Stored data
-- ===== src/Hub/Rebuild.antt =====
-- A late joiner's stream: what is held for it while it is parked, and what it is sent in the end.
use hypeha.Base.{
  ℕ, ◌+◌, ◌≤◌, ◌≡◌, refl, ◌∙◌, ap, sym, inl, inr, true, false, not, ◌&&◌, ◌||◌, List, [], ◌∷◌, ◌++◌,
  map, Option, none, some, ltb, ◌==◌, if◌then◌else◌, arith, add_u64, length, retain, Text,
  Bool-cases, if_cases, subst, ==_refl, append-nil, append_assoc,
}
use hypeha.SubKey.{SubKey, single_sourced}
use hypeha.Entry.{
  SubEntry, Seq, Verdict, Held, Pending, parked, arbitrate, hold, held_height, push_held, over_cap,
  pending_max_bytes, on_point, on_lead, on_sticky, on_snapshot, on_block,
}
use hypeha.Hub.{AppState, find_entry}
use hypeha.Hub.Update.{update_entry, take_pending, backlog, deliver_snapshot, send_all}

-- A frame from a source.
pub record Update : Type 0 where
  pub source : ℕ
  pub seq : Seq
  pub at : ℕ
  pub payload : Text

-- A frame as it is held, if its kind is.
abbrev as_held : ℕ → Text → Option ℕ → List Held
as_held source payload none = []
as_held source payload (some h) = record { source = source; height = h; payload = payload } ∷ []

-- The entry after frames, and those of them that went out and are of a kind that is held.
unfoldable pub updates : SubKey → List Update → SubEntry → SubEntry × List Held
updates key [] e = (e, [])
updates key (u ∷ us) e =
    let (e', verdict, overflowed) = update_entry key u.source u.seq u.at u.payload e in
    let (done, out) = updates key us e' in
    (done, if verdict.deliver then as_held u.source u.payload (held_height u.seq) ++ out else out)

abbrev pub size : List Held → ℕ
size [] = 0
size (f ∷ fs) = length f.payload + size fs

size-append : (fs gs : List Held) → size (fs ++ gs) ≡ size fs + size gs
size-append [] gs = omega arith
size-append (f ∷ fs) gs = omega (arith, size-append fs gs)

-- The first parked client of an id.
abbrev pub parked_as : ℕ → List Pending → Option Pending
parked_as id [] = none
parked_as id (p ∷ ps) = let rest = parked_as id ps in if p.client == id then some p else rest

-- A parked client with more frames held for it.
abbrev with_held : Pending → List Held → Pending
with_held p fs = record p { bytes = p.bytes + size fs; held = p.held ++ fs }

pending-arbitrate :
    (key : SubKey) (src : ℕ) (seq : Seq) (now : ℕ) (e : SubEntry)
    → (arbitrate key src seq now e).0.pending ≡ e.pending
unfolding arbitrate on_point on_lead on_sticky on_snapshot on_block
pending-arbitrate key src (Seq.point v) now e = ground arith
pending-arbitrate key src (Seq.lead v) now e = ground arith
pending-arbitrate key src (Seq.sticky v) now e = ground arith
pending-arbitrate key src (Seq.snapshot v) now e = ground arith
pending-arbitrate key src (Seq.block v) now e = ground arith

parked-push :
    (id : ℕ) (f : Held) (ps : List Pending) (p : Pending)
    → parked_as id ps ≡ some p
    → over_cap (push_held f p) ≡ false
    → parked_as id (retain (λ q. not (over_cap q)) (map (push_held f) ps)) ≡ some (push_held f p)
parked-push id f [] p h small = ground arith
parked-push id f (q ∷ qs) p h small = ground (arith, parked-push id f qs p)

take-parked :
    (id : ℕ) (ps : List Pending) (p : Pending)
    → parked_as id ps ≡ some p
    → (rest : List Pending) × (take_pending id ps ≡ some (p, rest))
unfolding take_pending
take-parked id [] p h = ground arith
take-parked id (q ∷ qs) p h = elim (Bool-cases (q.client == id)) [
  | inl mine ↦ (qs, ground arith)
  | inr other ↦
      let (rest, taken) = take-parked id qs p (ground arith) in (q ∷ rest, ground (arith, taken))
]

with_held-nil : (p : Pending) → with_held p [] ≡ p
with_held-nil p =
    let bytes : p.bytes + 0 ≡ p.bytes = omega arith in
    ap (λ (b : ℕ). record p { bytes = b; held = p.held ++ [] }) bytes
    ∙ ap (λ (l : List Held). record p { held = l }) (append-nil p.held)

with_held-append :
    (p : Pending) (fs gs : List Held) → with_held (with_held p fs) gs ≡ with_held p (fs ++ gs)
with_held-append p fs gs =
    let bytes : p.bytes + size fs + size gs ≡ p.bytes + size (fs ++ gs) =
      omega (arith, size-append fs gs) in
    ap (λ (b : ℕ). record p { bytes = b; held = (p.held ++ fs) ++ gs }) bytes
    ∙ ap (λ (l : List Held). record p { bytes = p.bytes + size (fs ++ gs); held = l })
        (append_assoc p.held fs gs)

push-with_held :
    (f : Held) (p : Pending)
    → p.bytes + length f.payload ≤ pending_max_bytes
    → push_held f p ≡ with_held p (f ∷ [])
push-with_held f p small =
    ap (λ (b : ℕ). record p { bytes = b; held = p.held ++ (f ∷ []) })
      {x = add_u64 p.bytes (length f.payload)} {y = p.bytes + size (f ∷ [])} (omega arith)

-- One frame that goes out.
hold_one :
    (id source h : ℕ) (payload : Text) (ps : List Pending) (p : Pending)
    → parked_as id ps ≡ some p
    → p.bytes + length payload ≤ pending_max_bytes
    → let frame : Held = record { source = source; height = h; payload = payload } in
      parked_as id (retain (λ q. not (over_cap q)) (map (push_held frame) ps))
      ≡ some (with_held p (frame ∷ []))
hold_one id source h payload ps p found small =
    let frame : Held = record { source = source; height = h; payload = payload } in
    parked-push id frame ps p found (ground (arith, small)) ∙ ap some (push-with_held frame p small)

hold-parked :
    (id source : ℕ) (seq : Seq) (payload : Text) (e : SubEntry) (p : Pending)
    → parked_as id e.pending ≡ some p
    → p.bytes + size (as_held source payload (held_height seq)) ≤ pending_max_bytes
    → parked_as id (hold source seq payload e).0.pending
      ≡ some (with_held p (as_held source payload (held_height seq)))
unfolding hold
hold-parked id source (Seq.point v) payload e p found small =
    found ∙ ap some (sym (with_held-nil p))
hold-parked id source (Seq.lead v) payload e p found small = found ∙ ap some (sym (with_held-nil p))
hold-parked id source (Seq.block h) payload e p found small =
    hold_one id source h payload e.pending p found (omega (arith, small))
hold-parked id source (Seq.snapshot h) payload e p found small =
    hold_one id source h payload e.pending p found (omega (arith, small))
hold-parked id source (Seq.sticky h) payload e p found small =
    hold_one id source h payload e.pending p found (omega (arith, small))

-- What one frame adds to what is held.
abbrev adds : Verdict → Update → List Held
adds verdict u = if verdict.deliver then as_held u.source u.payload (held_height u.seq) else []

adds_deliver :
    (verdict : Verdict) (u : Update)
    → verdict.deliver ≡ true
    → adds verdict u ≡ as_held u.source u.payload (held_height u.seq)
adds_deliver verdict u h = rw h refl

adds_refuse : (verdict : Verdict) (u : Update) → verdict.deliver ≡ false → adds verdict u ≡ []
adds_refuse verdict u h = rw h refl

adds-append :
    (verdict : Verdict) (u : Update) (out : List Held)
    → (if verdict.deliver then as_held u.source u.payload (held_height u.seq) ++ out else out)
      ≡ adds verdict u ++ out
adds-append verdict u out = elim (Bool-cases verdict.deliver) [
  | inl goes ↦ rw goes refl
  | inr stays ↦ rw stays refl
]

-- The list of parked clients keeps p, with more frames.
abbrev Grows : ℕ → Pending → List Pending → List Held → Type 0
Grows id p ps fs = p.bytes + size fs ≤ pending_max_bytes → parked_as id ps ≡ some (with_held p fs)

update-parked :
    (key : SubKey) (id : ℕ) (u : Update) (e : SubEntry) (p : Pending)
    → let (e', verdict, overflowed) = update_entry key u.source u.seq u.at u.payload e in
      parked_as id e.pending ≡ some p
      → p.bytes + size (adds verdict u) ≤ pending_max_bytes
      → parked_as id e'.pending ≡ some (with_held p (adds verdict u))
unfolding update_entry
update-parked key id u e p found small =
    let decided = (arbitrate key u.source u.seq u.at e).0 in
    let verdict = (arbitrate key u.source u.seq u.at e).1 in
    let held = hold u.source u.seq u.payload decided in
    let kept : parked_as id decided.pending ≡ some p =
      ap (parked_as id) (pending-arbitrate key u.source u.seq u.at e) ∙ found in
    if_cases (λ (r : SubEntry × Verdict × List ℕ). Grows id p r.0.pending (adds r.1 u))
      verdict.deliver {x = (held.0, verdict, held.1)} {y = (decided, verdict, [])}
      (λ goes.
        subst (Grows id p held.0.pending) (sym (adds_deliver verdict u goes))
          (hold-parked id u.source u.seq u.payload decided p kept))
      (λ stays.
        subst (Grows id p decided.pending) (sym (adds_refuse verdict u stays))
          (λ room. kept ∙ ap some (sym (with_held-nil p))))
      small

updates-parked :
    (key : SubKey) (id : ℕ) (us : List Update) (e : SubEntry) (p : Pending)
    → parked_as id e.pending ≡ some p
    → p.bytes + size (updates key us e).1 ≤ pending_max_bytes
    → parked_as id (updates key us e).0.pending ≡ some (with_held p (updates key us e).1)
unfolding updates
updates-parked key id [] e p found small = found ∙ ap some (sym (with_held-nil p))
updates-parked key id (u ∷ us) e p found small =
    let (e', verdict, overflowed) = update_entry key u.source u.seq u.at u.payload e in
    let out = (updates key us e').1 in
    let joined : (updates key (u ∷ us) e).1 ≡ adds verdict u ++ out = adds-append verdict u out in
    let room : p.bytes + size (adds verdict u) + size out ≤ pending_max_bytes =
      omega (arith, small, ap size joined, size-append (adds verdict u) out) in
    updates-parked key id us e' (with_held p (adds verdict u))
      (update-parked key id u e p found (omega (arith, room))) room
    ∙ ap some (with_held-append p (adds verdict u) out)
    ∙ ap (λ (l : List Held). some (with_held p l)) (sym joined)

module _ {Q : Type 0} (try_send : Q → Text → Option Q) where
  -- A client that was parked with nothing held, when its snapshot comes after any frames from the
  -- sources, is sent the snapshot and then, in order, the frames that went out since, of a kind
  -- that is held and that may follow the snapshot, if together the held ones were within the cap.
  pub rebuilt_stream :
      (key : SubKey) (id source height : ℕ) (snapshot : Text) (us : List Update) (e : SubEntry)
      (st : AppState Q)
      → parked_as id e.pending ≡ some (parked id)
      → size (updates key us e).1 ≤ pending_max_bytes
      → find_entry key st ≡ some (updates key us e).0
      → (deliver_snapshot try_send key id source height snapshot st).heap id
        ≡ send_all try_send
            (snapshot
              ∷ map
                  (λ f. f.payload)
                  (retain
                    (λ f. ltb height f.height && (not (single_sourced key) || f.source == source))
                    (updates key us e).1))
            (st.heap id)
  unfolding deliver_snapshot backlog
  rebuilt_stream key id source height snapshot us e st fresh small found =
      let held = updates-parked key id us e (parked id) fresh (omega (arith, small)) in
      let (rest, taken) = take-parked id (updates key us e).0.pending _ held in
      rw (found, deliver_snapshot) (rw (taken, deliver_snapshot) (rw (==_refl id) refl))
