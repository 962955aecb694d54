-- ===== src/Hub/Silence.antt =====
-- `silent_sources`: which sources are reported silent.
use hypeha.Base.{ℕ, ◌≤◌, ◌<◌, ◌≡◌, true, List, [], ◌∷◌, Option, none, some, arith, ◌⊎◌}
use hypeha.Stats.{idle_for}
use hypeha.Hub.{Source, AppState}
use hypeha.Hub.Recovery.{freshest, is_silent, silent_ids, silent_sources}

-- Some source of the list has an id and a property.
abbrev pub SomeSource : (Source → Type 0) → List Source → Type 0
SomeSource P [] = ⊥
SomeSource P (s ∷ ss) = P s ⊎ SomeSource P ss

abbrev pub Occurs : ℕ → List ℕ → Type 0
Occurs id [] = ⊥
Occurs id (x ∷ xs) = (x ≡ id) ⊎ Occurs id xs

abbrev pub IdleAbove : ℕ → Option ℕ → Type 0
IdleAbove limit none = ⊥
IdleAbove limit (some d) = limit < d

abbrev pub IdleWithin : ℕ → Option ℕ → Type 0
IdleWithin limit none = ⊥
IdleWithin limit (some d) = d ≤ limit

freshest_within :
    (limit : ℕ) (ss : List Source)
    → IdleWithin limit (freshest ss)
    → SomeSource (λ s. IdleWithin limit (idle_for s.stats)) ss
unfolding freshest
freshest_within limit [] h = h
freshest_within limit (s ∷ ss) h = ground (arith, freshest_within limit ss)

silent_ids_sound :
    (limit id : ℕ) (ss : List Source)
    → Occurs id (silent_ids limit ss)
    → SomeSource
        (λ s. (s.id ≡ id) × (s.stats.connected ≡ true) × IdleAbove limit (idle_for s.stats))
        ss
unfolding silent_ids is_silent
silent_ids_sound limit id [] o = o
silent_ids_sound limit id (s ∷ ss) o = ground (arith, silent_ids_sound limit id ss)

-- A source reported silent is connected and has been idle for longer than the limit, while some
-- source has delivered within the limit.
silent_sources_sound :
    {Q : Type 0} (limit id : ℕ) (st : AppState Q)
    → Occurs id (silent_sources limit st)
    → SomeSource
        (λ s. (s.id ≡ id) × (s.stats.connected ≡ true) × IdleAbove limit (idle_for s.stats))
        st.sources
      × SomeSource (λ s. IdleWithin limit (idle_for s.stats)) st.sources
unfolding silent_sources
silent_sources_sound limit id st o =
    ground (arith, freshest_within limit st.sources, silent_ids_sound limit id st.sources)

TASK DESCRIPTION
Please return only the lines above, starting at the line that has "size [] = 0" and ending at the line that has "abbrev with_held : Pending", keeping both and leaving each one unchanged.

EXERCISE SOLUTION
size [] = 0
size (f ∷ fs) = length f.payload + size fs

size-append : (fs gs : List Held) → size (fs ++ gs) ≡ size fs + size gs
size-append [] gs = omega arith
size-append (f ∷ fs) gs = omega (arith, size-append fs gs)

-- The first parked client of an id.
abbrev pub parked_as : ℕ → List Pending → Option Pending
parked_as id [] = none
parked_as id (p ∷ ps) = let rest = parked_as id ps in if p.client == id then some p else rest

-- A parked client with more frames held for it.
abbrev with_held : Pending → List Held → Pending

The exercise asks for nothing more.